# möglichkeit bilder aus pdf zu exportieren?

## kutte128

hi,

ich versuche grade bilder aus ner pdf-datei zu extrahieren.

ich nutze acroread und gimp.

wenn ich ein bild aus acroread in die zwischenablage kopiere, lässt es sich nicht in gimp importieren bzw ist einfach nur schwarz.

pdftohtml  und pdfimages sind für solche zwecke wohl nicht gedacht.

es geht nicht darum, ein pdf in ein bild zu verwandeln, sondern ein oder mehrere bilder aus einer pdf zu extrahieren.

screenshot fällt auch aus, da ich die bilder hochauflösend brauche (die sind hochauflösend in der pdf gespeichert).

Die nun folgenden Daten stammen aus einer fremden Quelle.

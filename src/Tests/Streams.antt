-- ===== src/Tests/Streams.antt =====
-- Streams with two messages, whole and cut off, for a callback that counts.
use libp2p_experiment.Base.{ℕ, suc, ◌≡◌, String, List, [], ◌∷◌, ◌++◌, arith}
use libp2p_experiment.Base.Effects.{unexpected_eof, wrapped, ok, Exec, pure, raise}
use libp2p_experiment.Os.{Bytes, FilePath, Fs}
use libp2p_experiment.FlatBuffers.{Table}
use libp2p_experiment.Wire.{closed}
use libp2p_experiment.Wire.Frames.{stream, encode}
use libp2p_experiment.Utils.Receive.{receive_domain_data}
use libp2p_experiment.Utils.Receive.Delivery.{
  AllFit, deliver, receive_all, receive_cut_content, receive_cut_between,
}
use libp2p_experiment.Tests.{vectors, vectors-SizePrefix}

abbrev count_message : Table → Exec (Fs × ℕ) (Unit {0})
count_message t (fs, n) = (ok tt, (fs, suc n))

abbrev temp : FilePath → Fs → String
temp p fs = "1.bin"

abbrev messages : List Bytes
messages = (1 ∷ 0 ∷ []) ∷ (0 ∷ 1 ∷ 1 ∷ []) ∷ []

messages-AllFit : AllFit messages
messages-AllFit = (omega arith, (omega arith, tt))

receive_all_example :
    receive_domain_data vectors temp [] count_message
      (stream (encode vectors vectors-SizePrefix messages ++ []) closed)
    ≡ deliver vectors vectors-SizePrefix temp [] count_message messages (pure tt)
receive_all_example =
    receive_all vectors vectors-SizePrefix temp [] count_message messages messages-AllFit

receive_cut_content_example :
    receive_domain_data vectors temp [] count_message (
      stream
        (encode vectors vectors-SizePrefix messages ++ (vectors-SizePrefix.prefix 5 ++ 1 ∷ 1 ∷ []))
        closed)
    ≡ deliver vectors vectors-SizePrefix temp [] count_message messages
        (raise (wrapped "failed to read message content" unexpected_eof))
receive_cut_content_example =
    receive_cut_content vectors vectors-SizePrefix temp [] count_message messages 5 1 (1 ∷ [])
      messages-AllFit (omega arith) (omega arith)

receive_cut_between_example :
    receive_domain_data vectors temp [] count_message (
      stream
        (encode vectors vectors-SizePrefix messages ++ (vectors-SizePrefix.prefix 5 ++ []))
        closed)
    ≡ receive_domain_data vectors temp [] count_message
        (stream (encode vectors vectors-SizePrefix messages ++ []) closed)
receive_cut_between_example =
    receive_cut_between vectors vectors-SizePrefix temp [] count_message messages 5 messages-AllFit
      (omega arith) (omega arith)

unter windoof würde es mit acrobat reader klappen, das müsste aber doch auch unter linux möglich sein oder?

grüße,

kutte128

----------

## schachti

 *kutte128 wrote:*   

> h
> 
> pdftohtml  und pdfimages sind für solche zwecke wohl nicht gedacht.
> 
> 

 

pdfimages ist genau dafür gedacht.

----------

## schachti

 *schachti wrote:*   

>  *kutte128 wrote:*   
> 
> pdftohtml  und pdfimages sind für solche zwecke wohl nicht gedacht.
> 
>  
> ...

 

falls die Bilder als Bitmap-Grafik vorliegen.

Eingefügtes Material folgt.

-- ===== src/Tests/Uploads.antt =====
-- What the application and the recorder send, with the small FlatBuffers.
use libp2p_experiment.App.{empty_visual}
use libp2p_experiment.App.Messages.Displayed.{OnDisplay, on_row-merged_message}
use libp2p_experiment.Tests.Rereading.{came, merged, short}
use libp2p_experiment.Base.{ℕ, ◌≡◌, refl, String, List, [], ◌∷◌, length, arith, nat_eq, string_eq}
use libp2p_experiment.Base.Effects.{Result, ok, Exec, pure}
use libp2p_experiment.Os.{Bytes, Fs}
use libp2p_experiment.FlatBuffers.{Table}
use libp2p_experiment.App.Messages.{Lists, upload_message}
use libp2p_experiment.App.Messages.Rounds.{Arrived, send_rounds-Arrived}
use libp2p_experiment.App.Messages.Portals.{Spread, create_portal-receive_portal}
use libp2p_experiment.Discovery.{Directory}
use libp2p_experiment.Recorder.{image_message}
use libp2p_experiment.Recorder.Frames.{Stored, load_frame_from_stream-image_message}
use libp2p_experiment.Wire.{closed}
use libp2p_experiment.Wire.Frames.{sized}
use mathlib.Core.Path.{subst}
use libp2p_experiment.Base.{sym}
use libp2p_experiment.Os.{dir}
use libp2p_experiment.Tests.Downloads.{
  free, no_dir, domain_path, files, network, streams, compiled, message, no_file_there, listed,
}
use libp2p_experiment.App.Messages.Answered.{any_data, Answered, on_download_request-Answered}
use libp2p_experiment.DataNode.Download.{check_file}
use libp2p_experiment.DataNode.Download.Sent.{Firsts}
use libp2p_experiment.Os.{file, mkdir_all, stat, read_dir, children, sort, place}
use libp2p_experiment.Base.{list_eq}
use libp2p_experiment.Utils.Subscribers.{match_domain_data}
use libp2p_experiment.Tests.{disk, disk-Healthy}
use libp2p_experiment.Base.Dict
use libp2p_experiment.Base.{some}
use text.Mathlib.Text
use libp2p_experiment.Base.{ap, ◌≢◌, true, false}
use libp2p_experiment.Tests.Builder.{small, small-SizePrefix, encode, item_at}
use libp2p_experiment.Tests.Builder.Drafts.{
  drafts, drafts-Built, drafts-Framed, text-utf8, sized_lem,
}

-- No write fails, and every message has the same name and content.
abbrev written : String → Bytes → Result (Unit {0})
written p bytes = ok tt

abbrev same_data : ℕ → String × Bytes
same_data i = ("name", 1 ∷ 0 ∷ 1 ∷ [])

abbrev nothing_sent : Lists drafts
nothing_sent = record { domain_list = []; portal_list = []; sent = [] }

abbrev received : Table → Exec (Fs × ℕ) (Unit {0})
received d = pure tt

message_length :
    length (upload_message drafts "name" "name" (1 ∷ 0 ∷ 1 ∷ []) drafts.new_builder).0 ≡ 23
unfolding upload_message encode item_at nat_eq string_eq
message_length = refl

send_rounds-Arrived_example :
    (bufs : List Bytes) × Arrived small drafts drafts-Built small-SizePrefix written "b" "name"
      same_data
      (λ p fs. "file")
      []
      received
      nothing_sent
      bufs
send_rounds-Arrived_example =
    send_rounds-Arrived small drafts drafts-Built small-SizePrefix written "b" "name" same_data
      (λ p fs. "file") [] received nothing_sent drafts-Framed (λ b. refl) (λ bytes. refl)
      (λ i. (omega arith, omega (arith, message_length))) refl

abbrev no_portals : Directory
no_portals = record { domain_list = []; portal_list = []; published = []; sent = [] }

b_ne_a : ◌≢◌ {A = String} "b" "a"
b_ne_a e = let f : true ≡ false = ap (Text.◌==◌ "b") e in cc

create_portal-receive_portal_example :
    (buf : Bytes) × ((message : Bytes) × ((p : Table) × ((t : Table) × Spread small drafts
            drafts-Built 5 "name" small-SizePrefix
            (λ topic bytes. ok tt)
            no_portals
            (disk [])
            "a"
            "b"
            []
            (disk [])
            no_portals
            buf
            message
            p
            t)))
create_portal-receive_portal_example =
    create_portal-receive_portal small drafts drafts-Built 5 "name" small-SizePrefix
      (λ topic bytes. ok tt) no_portals (disk []) "a" "b" [] (disk []) no_portals drafts-Framed
      (λ bytes. refl) b_ne_a (Dict.lookup-nil (small.text (drafts-Built.utf8 "name")))

image_length : length (image_message drafts 1 (7 ∷ 8 ∷ [])) ≡ 11
unfolding image_message encode item_at nat_eq string_eq
image_length = refl

-- The callback leaves what it counts.
abbrev shown : Table → Exec (Fs × ℕ) (Unit {0})
shown image = pure tt

load_frame_from_stream-image_message_example :
    (t : Table) × ((d : Fs) × Stored small drafts drafts-Built 1
        (7 ∷ 8 ∷ [])
        []
        shown
        []
        closed
        (disk [])
        0
        t
        d)
load_frame_from_stream-image_message_example =
    load_frame_from_stream-image_message small drafts drafts-Built 1 (7 ∷ 8 ∷ []) small-SizePrefix
      [] shown [] closed (disk []) 0 drafts-Framed (λ e. cc) (omega arith)
      (omega (arith, image_length)) (disk-Healthy []) (free ("images" ∷ []))
      (λ n. no_dir n ("images" ∷ []))

-- The first file of the one directory, whose message has two bytes.
one_message :
    Firsts compiled small any_data domain_path
      (mkdir_all domain_path (disk files)).1
      (("name_Partition", dir) ∷ [])
      (sized small small-SizePrefix (0 ∷ 1 ∷ []) ∷ [])
unfolding mkdir_all read_dir stat children sort place Dict.lookup list_eq string_eq
    match_domain_data check_file
one_message =
    subst
      (λ b.
        Firsts compiled small any_data domain_path (mkdir_all domain_path (disk files)).1
          (("name_Partition", dir) ∷ []) (b ∷ []))
      (sym (sized_lem (0 ∷ 1 ∷ [])))
      (Firsts.first {m = "1.bin"} {f = file message} {others = []} refl refl refl refl Firsts.done)

on_download_request-Answered_example :
    (buf : Bytes) × Answered streams compiled small drafts drafts-Built small-SizePrefix 4 "name" []
      (disk files)
      network
      ((0 ∷ 1 ∷ []) ∷ [])
      buf
unfolding nat_eq
on_download_request-Answered_example =
    on_download_request-Answered streams compiled small drafts drafts-Built small-SizePrefix 4
      "name" [] (disk files) network ((0 ∷ 1 ∷ []) ∷ []) drafts-Framed refl text-utf8 refl
      (disk-Healthy files) no_file_there listed one_message (omega arith, tt) refl

on_row-merged_message_example :
    (buf : Bytes) × ((d : Table) × OnDisplay small drafts drafts-Built came merged "v2"
        small-SizePrefix
        (λ n. some 3)
        (disk [])
        empty_visual
        3
        buf
        d)
on_row-merged_message_example =
    on_row-merged_message small drafts drafts-Built came merged "v2" small-SizePrefix (λ n. some 3)
      (disk []) empty_visual 3 drafts-Framed short refl (omega arith)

Falls nicht, hilft Dir evtl. http://groups.google.com/group/de.comp.text.pdf/browse_thread/thread/d7cbc8c24a0cd1b7.

----------

## a.forlorn

Screenshot machen und dann zurechtschneiden.

----------

## Finswimmer

 *kutte128 wrote:*   

> unter windoof würde es mit acrobat reader klappen, das müsste aber doch auch unter linux möglich sein oder?
> 
> 

 

 *a.forlorn wrote:*   

> Screenshot machen und dann zurechtschneiden.

 

Mit KPDF kannst du bestimmte Bereiche rauskopieren. Über die Auflösung kann ich allerdings nichts sagen.

Tobi

----------

## SvenFischer

@a.forlorn

 *Quote:*   

> Screenshot machen und dann zurechtschneiden.

 

Liest Du nur die Überschrift? Es steht doch ganz klar im Text, das die Auflösung dann nicht ausreichend wäre und deshlb dieses Verfahren nicht gewünscht ist.

Im Allgemeinen fällt mir auf, das es allzu oft vorkommt, das die Leute (wie bei der BILD) nur Überschriften lesen und mit Text >30 Wörter schon überfordert sind. Da finde ich es ja schon fast(!) verschmerzbar, wenn jemand sich dann nicht mehr die Mühe macht alle Kommentare durchzulesen, bevor er dann seinen eigenen schreibt. Mir selbst ist die Umstellung von focus.de zu faz.net schwergefallen, da der inhaltliche Anspruch deutlich gestiegen ist. Eine Überschrift ist eben eine solche, mehr aber auch nicht und trifft leider in der Boulevardpresse selten das Fazit...

... das musste jetzt mal raus.

Gruss an alle!

----------

## jkoerner

Mit pdftk kann man ein Mehrseiten-PDF in einzelne Seiten zerlegen.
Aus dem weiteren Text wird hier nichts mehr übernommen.